Problem description: Find every line in the records that holds the string "exist". Copy each one.
*****
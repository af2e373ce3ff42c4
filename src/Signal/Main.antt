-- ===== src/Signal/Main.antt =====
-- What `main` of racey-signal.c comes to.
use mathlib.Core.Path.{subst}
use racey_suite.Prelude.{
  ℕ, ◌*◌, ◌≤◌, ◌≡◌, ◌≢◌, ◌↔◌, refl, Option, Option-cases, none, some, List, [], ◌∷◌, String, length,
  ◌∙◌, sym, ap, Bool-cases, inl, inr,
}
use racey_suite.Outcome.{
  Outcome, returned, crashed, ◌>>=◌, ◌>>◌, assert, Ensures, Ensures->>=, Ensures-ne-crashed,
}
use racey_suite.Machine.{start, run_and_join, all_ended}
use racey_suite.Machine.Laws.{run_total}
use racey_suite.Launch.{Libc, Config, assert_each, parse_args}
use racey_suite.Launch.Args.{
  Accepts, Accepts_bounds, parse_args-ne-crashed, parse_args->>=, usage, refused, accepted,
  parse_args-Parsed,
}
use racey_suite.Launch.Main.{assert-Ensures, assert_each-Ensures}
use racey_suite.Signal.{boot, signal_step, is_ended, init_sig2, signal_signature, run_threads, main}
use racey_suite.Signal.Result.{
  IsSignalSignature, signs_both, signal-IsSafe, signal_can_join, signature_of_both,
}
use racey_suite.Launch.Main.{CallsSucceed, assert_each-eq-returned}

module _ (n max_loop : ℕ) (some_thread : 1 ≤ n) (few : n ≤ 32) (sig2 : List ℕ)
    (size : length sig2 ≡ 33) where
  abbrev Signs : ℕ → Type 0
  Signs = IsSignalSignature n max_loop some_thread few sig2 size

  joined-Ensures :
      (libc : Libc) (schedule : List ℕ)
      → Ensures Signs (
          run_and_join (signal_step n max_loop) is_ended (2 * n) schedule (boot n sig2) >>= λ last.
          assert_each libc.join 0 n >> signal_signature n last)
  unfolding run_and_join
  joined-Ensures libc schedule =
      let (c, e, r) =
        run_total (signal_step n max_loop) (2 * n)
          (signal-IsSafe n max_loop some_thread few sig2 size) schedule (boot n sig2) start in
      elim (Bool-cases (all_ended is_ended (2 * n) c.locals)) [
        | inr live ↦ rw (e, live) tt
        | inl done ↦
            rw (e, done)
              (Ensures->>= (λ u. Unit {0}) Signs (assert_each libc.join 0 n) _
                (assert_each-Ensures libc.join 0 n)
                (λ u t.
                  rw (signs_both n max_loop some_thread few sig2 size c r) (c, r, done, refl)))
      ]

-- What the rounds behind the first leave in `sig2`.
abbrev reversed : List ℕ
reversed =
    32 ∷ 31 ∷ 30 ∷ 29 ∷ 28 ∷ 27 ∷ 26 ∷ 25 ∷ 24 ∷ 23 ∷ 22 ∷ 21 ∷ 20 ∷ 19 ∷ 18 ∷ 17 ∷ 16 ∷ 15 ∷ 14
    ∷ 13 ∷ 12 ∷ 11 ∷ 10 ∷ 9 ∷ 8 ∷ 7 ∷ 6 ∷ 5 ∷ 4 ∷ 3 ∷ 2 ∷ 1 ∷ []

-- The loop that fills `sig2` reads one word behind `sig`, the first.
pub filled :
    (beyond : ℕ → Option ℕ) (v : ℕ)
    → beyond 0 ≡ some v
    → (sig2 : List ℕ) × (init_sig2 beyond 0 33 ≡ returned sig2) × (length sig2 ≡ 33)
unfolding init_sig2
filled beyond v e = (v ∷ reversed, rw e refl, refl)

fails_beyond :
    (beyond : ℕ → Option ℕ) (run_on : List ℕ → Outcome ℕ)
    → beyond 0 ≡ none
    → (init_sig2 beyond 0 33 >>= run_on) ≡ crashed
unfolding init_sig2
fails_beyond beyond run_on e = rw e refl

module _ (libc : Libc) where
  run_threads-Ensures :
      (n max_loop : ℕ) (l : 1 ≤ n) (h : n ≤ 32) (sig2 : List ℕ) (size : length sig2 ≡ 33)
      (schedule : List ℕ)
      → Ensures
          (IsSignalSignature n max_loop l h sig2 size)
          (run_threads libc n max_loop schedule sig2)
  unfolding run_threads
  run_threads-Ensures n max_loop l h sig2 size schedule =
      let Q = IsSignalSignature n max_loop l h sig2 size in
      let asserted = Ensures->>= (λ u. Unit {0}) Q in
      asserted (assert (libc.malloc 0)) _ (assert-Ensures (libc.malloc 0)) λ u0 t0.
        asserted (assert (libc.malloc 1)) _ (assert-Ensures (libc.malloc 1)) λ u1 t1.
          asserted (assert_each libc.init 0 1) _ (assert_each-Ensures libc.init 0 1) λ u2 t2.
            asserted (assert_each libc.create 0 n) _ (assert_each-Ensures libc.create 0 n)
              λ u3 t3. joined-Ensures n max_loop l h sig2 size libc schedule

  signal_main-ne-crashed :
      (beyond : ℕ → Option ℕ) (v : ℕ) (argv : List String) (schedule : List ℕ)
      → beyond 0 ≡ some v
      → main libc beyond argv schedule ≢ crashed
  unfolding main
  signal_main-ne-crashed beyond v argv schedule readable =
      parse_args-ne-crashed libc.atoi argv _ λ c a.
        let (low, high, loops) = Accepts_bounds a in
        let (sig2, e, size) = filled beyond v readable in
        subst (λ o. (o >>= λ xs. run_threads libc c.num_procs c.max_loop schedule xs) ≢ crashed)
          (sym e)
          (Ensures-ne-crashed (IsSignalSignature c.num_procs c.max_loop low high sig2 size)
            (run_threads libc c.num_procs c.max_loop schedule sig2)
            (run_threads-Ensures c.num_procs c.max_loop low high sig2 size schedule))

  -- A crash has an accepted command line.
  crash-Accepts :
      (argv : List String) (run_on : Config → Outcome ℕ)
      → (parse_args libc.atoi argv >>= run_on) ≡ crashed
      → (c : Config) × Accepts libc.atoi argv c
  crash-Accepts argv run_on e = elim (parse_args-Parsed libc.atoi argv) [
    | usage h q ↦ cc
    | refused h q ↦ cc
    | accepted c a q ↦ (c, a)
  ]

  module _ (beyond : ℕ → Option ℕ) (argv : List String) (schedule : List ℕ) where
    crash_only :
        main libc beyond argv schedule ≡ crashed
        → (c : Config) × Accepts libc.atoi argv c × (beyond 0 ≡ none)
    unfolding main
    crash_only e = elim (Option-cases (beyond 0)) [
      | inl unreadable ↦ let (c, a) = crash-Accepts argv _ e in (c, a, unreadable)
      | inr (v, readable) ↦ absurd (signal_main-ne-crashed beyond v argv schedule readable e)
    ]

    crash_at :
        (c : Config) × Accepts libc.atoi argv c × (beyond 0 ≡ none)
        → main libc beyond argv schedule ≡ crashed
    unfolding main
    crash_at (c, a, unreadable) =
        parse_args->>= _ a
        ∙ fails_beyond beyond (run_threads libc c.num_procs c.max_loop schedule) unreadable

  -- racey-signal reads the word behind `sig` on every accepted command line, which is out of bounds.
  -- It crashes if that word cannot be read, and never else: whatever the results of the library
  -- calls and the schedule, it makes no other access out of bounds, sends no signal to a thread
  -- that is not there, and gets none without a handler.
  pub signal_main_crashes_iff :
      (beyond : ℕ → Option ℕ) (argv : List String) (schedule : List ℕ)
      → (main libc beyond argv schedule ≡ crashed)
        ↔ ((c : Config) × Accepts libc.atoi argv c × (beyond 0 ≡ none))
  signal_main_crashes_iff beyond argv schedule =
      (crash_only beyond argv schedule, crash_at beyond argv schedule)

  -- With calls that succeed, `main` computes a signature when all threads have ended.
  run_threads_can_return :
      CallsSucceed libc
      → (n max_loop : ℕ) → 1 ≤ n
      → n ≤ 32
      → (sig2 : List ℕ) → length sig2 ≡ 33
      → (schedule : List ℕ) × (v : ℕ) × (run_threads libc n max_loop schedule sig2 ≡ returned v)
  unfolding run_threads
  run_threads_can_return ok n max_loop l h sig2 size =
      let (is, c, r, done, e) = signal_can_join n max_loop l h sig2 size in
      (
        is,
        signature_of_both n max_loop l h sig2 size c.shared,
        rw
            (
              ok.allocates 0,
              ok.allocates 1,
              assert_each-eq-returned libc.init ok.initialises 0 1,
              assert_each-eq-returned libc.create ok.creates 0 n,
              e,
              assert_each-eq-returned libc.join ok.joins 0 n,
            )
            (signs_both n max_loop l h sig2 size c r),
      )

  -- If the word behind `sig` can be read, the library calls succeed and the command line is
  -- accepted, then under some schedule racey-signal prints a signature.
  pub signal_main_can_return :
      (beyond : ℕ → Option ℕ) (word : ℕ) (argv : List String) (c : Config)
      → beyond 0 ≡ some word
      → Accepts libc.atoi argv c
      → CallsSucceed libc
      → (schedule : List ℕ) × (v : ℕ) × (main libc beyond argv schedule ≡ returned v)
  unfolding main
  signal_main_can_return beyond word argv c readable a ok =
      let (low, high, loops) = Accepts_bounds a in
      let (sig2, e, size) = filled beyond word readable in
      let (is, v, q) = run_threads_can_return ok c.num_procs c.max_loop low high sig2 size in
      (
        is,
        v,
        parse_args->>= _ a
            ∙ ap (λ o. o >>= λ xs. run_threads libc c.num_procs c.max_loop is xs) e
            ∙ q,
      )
*****
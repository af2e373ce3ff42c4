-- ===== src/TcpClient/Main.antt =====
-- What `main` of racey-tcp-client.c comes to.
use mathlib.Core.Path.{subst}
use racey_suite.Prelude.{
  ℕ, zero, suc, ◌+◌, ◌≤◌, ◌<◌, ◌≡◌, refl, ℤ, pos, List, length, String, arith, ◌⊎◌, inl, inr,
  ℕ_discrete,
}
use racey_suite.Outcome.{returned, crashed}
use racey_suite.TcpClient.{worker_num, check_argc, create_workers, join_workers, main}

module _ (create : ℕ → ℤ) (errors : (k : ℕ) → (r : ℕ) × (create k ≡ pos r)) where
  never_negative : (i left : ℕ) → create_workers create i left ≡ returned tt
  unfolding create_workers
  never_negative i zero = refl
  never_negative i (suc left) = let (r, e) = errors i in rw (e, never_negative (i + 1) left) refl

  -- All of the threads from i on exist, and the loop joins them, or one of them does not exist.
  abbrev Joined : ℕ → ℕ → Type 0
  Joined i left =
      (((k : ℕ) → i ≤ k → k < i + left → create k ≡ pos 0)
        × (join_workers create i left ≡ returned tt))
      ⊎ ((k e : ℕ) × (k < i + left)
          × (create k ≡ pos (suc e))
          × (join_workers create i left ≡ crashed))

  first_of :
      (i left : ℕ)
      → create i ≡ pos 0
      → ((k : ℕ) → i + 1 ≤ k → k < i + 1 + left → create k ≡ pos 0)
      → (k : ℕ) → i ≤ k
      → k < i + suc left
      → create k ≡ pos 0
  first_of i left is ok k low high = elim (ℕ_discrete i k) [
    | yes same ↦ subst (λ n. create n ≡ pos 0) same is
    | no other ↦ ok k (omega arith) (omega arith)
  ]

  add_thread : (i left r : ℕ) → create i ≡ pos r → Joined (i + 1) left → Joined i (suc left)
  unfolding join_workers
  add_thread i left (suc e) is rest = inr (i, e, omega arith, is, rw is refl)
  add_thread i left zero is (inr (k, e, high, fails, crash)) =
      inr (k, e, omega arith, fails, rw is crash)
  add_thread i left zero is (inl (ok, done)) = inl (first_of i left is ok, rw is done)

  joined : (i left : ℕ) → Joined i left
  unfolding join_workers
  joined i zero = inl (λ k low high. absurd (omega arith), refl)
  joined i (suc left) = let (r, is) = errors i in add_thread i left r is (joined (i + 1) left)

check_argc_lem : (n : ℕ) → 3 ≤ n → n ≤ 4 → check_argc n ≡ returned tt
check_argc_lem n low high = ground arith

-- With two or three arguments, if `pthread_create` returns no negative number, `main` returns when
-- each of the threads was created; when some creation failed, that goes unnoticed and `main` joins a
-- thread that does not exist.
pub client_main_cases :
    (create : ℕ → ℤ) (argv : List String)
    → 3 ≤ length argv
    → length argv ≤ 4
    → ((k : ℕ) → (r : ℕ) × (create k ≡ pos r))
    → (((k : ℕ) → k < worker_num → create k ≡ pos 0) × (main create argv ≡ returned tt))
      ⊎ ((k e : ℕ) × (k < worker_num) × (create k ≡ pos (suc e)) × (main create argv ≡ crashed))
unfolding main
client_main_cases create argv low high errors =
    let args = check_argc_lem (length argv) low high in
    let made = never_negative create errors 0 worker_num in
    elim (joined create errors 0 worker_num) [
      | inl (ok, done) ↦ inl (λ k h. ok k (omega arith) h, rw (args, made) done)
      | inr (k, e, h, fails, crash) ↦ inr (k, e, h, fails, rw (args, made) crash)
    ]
*****
Task response:
  -- All of the threads from i on exist, and the loop joins them, or one of them does not exist.
-- thread that does not exist.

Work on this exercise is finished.